Alternative Approaches


In this workshop we’ve mostly looked at processing unstructured data from plain text files. This is a very common and simple way to come across data, but it’s not the only way and it’s not always the easiest way to work with data.

Relational Databases

Relational databases provide a way of storing data in tables with relationships between them. Many large organisations and websites store their data in some kind of relational database.

For instance, the OpenFlights data we worked with in the CSV chapter is almost certainly exported from a relational database of some kind. The relational database holds all of its data in tables, for instance the “airports” table hold all the airports and the “routes” table would hold all the airline routes.

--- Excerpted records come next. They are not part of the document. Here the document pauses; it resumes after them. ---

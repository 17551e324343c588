-- ===== src/LlmCommon/Lookup.antt =====
-- kernel/src/llm_common.c: the binary search finds what the sorted vocabulary has.
use choco_os.Base.{
  ℕ, zero, suc, ◌+◌, ◌-◌, ◌/◌, ◌≤◌, ◌<◌, ◌≡◌, ◌≢◌, ◌⊎◌, refl, sym, ◌∙◌, true, false, leb, ◌==◌,
  Option, some, List, [], ◌∷◌, length, get_or, arith, Bool-cases, inl, inr, ap, subst, true≢false,
  ℤ, pos, negsuc, diff, lt_or_le,
}
use choco_os.CString.{is_zero}
use choco_os.CString.Order.{order, order_refl, order-equal, AllNonzero}
use choco_os.LlmCommon.{TokenIndex, no_token, is_negative, search_loop, tok_lookup}

abbrev pub str_at : List TokenIndex → ℕ → List ℕ
str_at vocab i = (get_or vocab i no_token).str

-- No string has a NUL in it.
abbrev pub AreStrings : List TokenIndex → Type 0
AreStrings vocab = (i : ℕ) → i < length vocab → AllNonzero (str_at vocab i)

-- No string stands before a smaller one.
abbrev pub IsSorted : List TokenIndex → Type 0
IsSorted vocab =
    (i j : ℕ)
    → i < j
    → j < length vocab
    → is_negative (order (str_at vocab j) (str_at vocab i)) ≡ false

pub data Looked (str : List ℕ) (vocab : List TokenIndex) : Option ℤ → Type 0 where
  found :
      (i : ℕ)
      → i < length vocab
      → str_at vocab i ≡ str
      → Looked str vocab (some (pos (get_or vocab i no_token).id))
  missing : ((i : ℕ) → i < length vocab → str_at vocab i ≢ str) → Looked str vocab (some (negsuc 0))

diff-flip :
    (x y : ℕ)
    → is_zero (diff x y) ≡ false
    → is_negative (diff x y) ≡ false
    → is_negative (diff y x) ≡ true
diff-flip x y z n = elim (lt_or_le x y) [
  | inl lt ↦ let up : leb y x ≡ false = ground arith in absurd (true≢false (rw up at n))
  | inr ge ↦
      let up : leb y x ≡ true = ground arith in
      let z' : is_zero (pos (x - y)) ≡ false = rw up at z in
      let apart : y < x = elim (lt_or_le y x) [
        | inl lt ↦ lt
        | inr le ↦
            let same : x - y ≡ 0 = omega arith in
            absurd (true≢false (subst (λ k. is_zero (pos k) ≡ false) same z'))
      ] in
      let down : leb x y ≡ false = ground arith in rw down refl
]

is_zero-pos : (d : ℤ) → is_zero d ≡ true → d ≡ pos 0
is_zero-pos (pos zero) h = refl
is_zero-pos (pos (suc n)) h = cc
is_zero-pos (negsuc n) h = cc

-- When a string is not before another and not equal to it, the other is before it.
order-flip :
    (xs ys : List ℕ)
    → is_zero (order xs ys) ≡ false
    → is_negative (order xs ys) ≡ false
    → is_negative (order ys xs) ≡ true
order-flip [] [] z n = absurd (true≢false z)
order-flip [] (y ∷ ys) z n = diff-flip 0 y z n
order-flip (x ∷ xs) [] z n = diff-flip x 0 z n
order-flip (x ∷ xs) (y ∷ ys) z n = elim (Bool-cases (x == y)) [
  | inl e ↦
      let e' : (y == x) ≡ true = ground arith in rw e' (order-flip xs ys (rw e at z) (rw e at n))
  | inr e ↦
      let e' : (y == x) ≡ false = ground arith in rw e' (diff-flip x y (rw e at z) (rw e at n))
]

module _ (str : List ℕ) (vocab : List TokenIndex) (sorted : IsSorted vocab)
    (nonzero : AllNonzero str) (all_nonzero : AreStrings vocab) where
  -- The strings outside the range that is still searched are others.
  Outside : ℕ → ℕ → Type 0
  Outside lo top = (i : ℕ) → i < length vocab → (i < lo) ⊎ (top ≤ i) → str_at vocab i ≢ str

  lower :
      (lo top mid : ℕ)
      → mid < length vocab
      → is_negative (order str (str_at vocab mid)) ≡ true
      → Outside lo top
      → Outside lo mid
  unfolding Outside
  lower lo top mid inside neg out i h (inl before) e = out i h (inl before) e
  lower lo top mid inside neg out i h (inr behind) e = elim (lt_or_le mid i) [
    | inl lt ↦ absurd (
        true≢false (
          sym neg ∙ ap (λ x. is_negative (order x (str_at vocab mid))) (sym e) ∙ sorted mid i lt h))
    | inr le ↦
        let at : i ≡ mid = omega arith in
        let same : str_at vocab mid ≡ str = subst (λ k. str_at vocab k ≡ str) at e in
        absurd (
          true≢false
            (sym neg ∙ ap (λ x. is_negative (order str x)) same ∙ ap is_negative (order_refl str)))
  ]

  upper :
      (lo top mid : ℕ)
      → mid < length vocab
      → is_zero (order str (str_at vocab mid)) ≡ false
      → is_negative (order str (str_at vocab mid)) ≡ false
      → Outside lo top
      → Outside (mid + 1) top
  unfolding Outside
  upper lo top mid inside nz nn out i h (inr behind) e = out i h (inr behind) e
  upper lo top mid inside nz nn out i h (inl before) e =
      let flip = order-flip str (str_at vocab mid) nz nn in
      elim (lt_or_le i mid) [
        | inl lt ↦ absurd (
            true≢false (
              sym flip
              ∙ ap (λ x. is_negative (order (str_at vocab mid) x)) (sym e)
              ∙ sorted i mid lt inside))
        | inr le ↦
            let at : i ≡ mid = omega arith in
            let same : str_at vocab mid ≡ str = subst (λ k. str_at vocab k ≡ str) at e in
            absurd (
              true≢false (
                sym (ap is_zero (order_refl str))
                ∙ ap (λ x. is_zero (order str x)) (sym same)
                ∙ nz))
      ]

  search_loop-Looked :
      (fuel lo top : ℕ)
      → lo ≤ top
      → top ≤ length vocab
      → top < fuel + lo
      → Outside lo top
      → Looked str vocab (search_loop fuel str vocab lo top)
  unfolding search_loop Outside
  search_loop-Looked zero lo top span size room out = absurd (omega arith)
  search_loop-Looked (suc fuel) lo top span size room out = elim (Bool-cases (leb top lo)) [
    | inl done ↦
        let le : top ≤ lo = ground arith in
        rw done (
          missing (λ i h.
            out i h (elim (lt_or_le i lo) [ inl lt ↦ inl lt | inr ge ↦ inr (omega arith) ])))
    | inr more ↦
        let lt : lo < top = ground arith in
        let mid = (lo + (top - 1)) / 2 in
        let inside : mid < length vocab = omega arith in
        let c = order str (str_at vocab mid) in
        elim (Bool-cases (is_zero c)) [
          | inl zero_c ↦
              rw (more, zero_c)
                (found mid inside (
                  sym (
                    order-equal str (str_at vocab mid) nonzero (all_nonzero mid inside)
                      (is_zero-pos c zero_c))))
          | inr apart ↦ elim (Bool-cases (is_negative c)) [
            | inl neg ↦
                rw (more, apart, neg)
                  (search_loop-Looked fuel lo mid (omega arith) (omega arith) (omega arith)
                    (lower lo top mid inside neg out))
            | inr nonneg ↦
                rw (more, apart, nonneg)
                  (search_loop-Looked fuel (mid + 1) top (omega arith) size (omega arith)
                    (upper lo top mid inside apart nonneg out))
          ]
        ]
  ]

-- `tok_lookup` of a string in a vocabulary that is sorted by `strcmp`, no string having a NUL in it, ends:
-- it returns the id of an entry with that string, and -1 only when no entry has it.
pub tok_lookup-Looked :
    (str : List ℕ) (vocab : List TokenIndex)
    → IsSorted vocab
    → AllNonzero str
    → AreStrings vocab
    → Looked str vocab (tok_lookup str vocab)
unfolding tok_lookup Outside
tok_lookup-Looked str vocab sorted nonzero all_nonzero =
    search_loop-Looked str vocab sorted nonzero all_nonzero (length vocab + 1) 0 (length vocab)
      (omega arith) (omega arith) (omega arith)
      (λ i h out. elim out [ inl lt ↦ absurd (omega arith) | inr ge ↦ absurd (omega arith) ])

However the relational database also holds relations between different kinds of data - for example it can know that all airline routes in the routes table contain references to a source and a destination airport, and that these airports should exist in the airports table.

We often use a query language called SQL to retrieve information from a relational database. For example, here is a made-up SQL query to count the number of airports in Russia:

SELECT COUNT(*) FROM airports WHERE country = 'Russia';

You can integrate SQL queries into other general purpose programming languages like Python.

OpenTechSchool doesn’t have specific workshops about SQL yet, although “Django 101” uses SQL for its databases. In the meantime you might want to check out Zed Shaw’s book Learn SQL The Hard Way (free to read online.)

Pandas

Pandas is a suite of data analysis tools for Python, and it allows you to do more complex data modelling and analysis with Python.

For this workshop we haven’t needed Pandas, but if you’re looking to use Python for a lot of numerical data analysis then you should look into it - there are tutorials linked from the homepage. Pandas can make complex tasks much easier to work with.

Pandas also makes it easy to integrate with more complex data sources than simple text files. For example, here’s an IPython Notebook that uses Pandas to import data the Guardian published regarding the Gaza-Israel 2012 crisis. The Guardian publishes this data in the format of “Google Fusion Tables”, and Pandas can read this format directly from the web.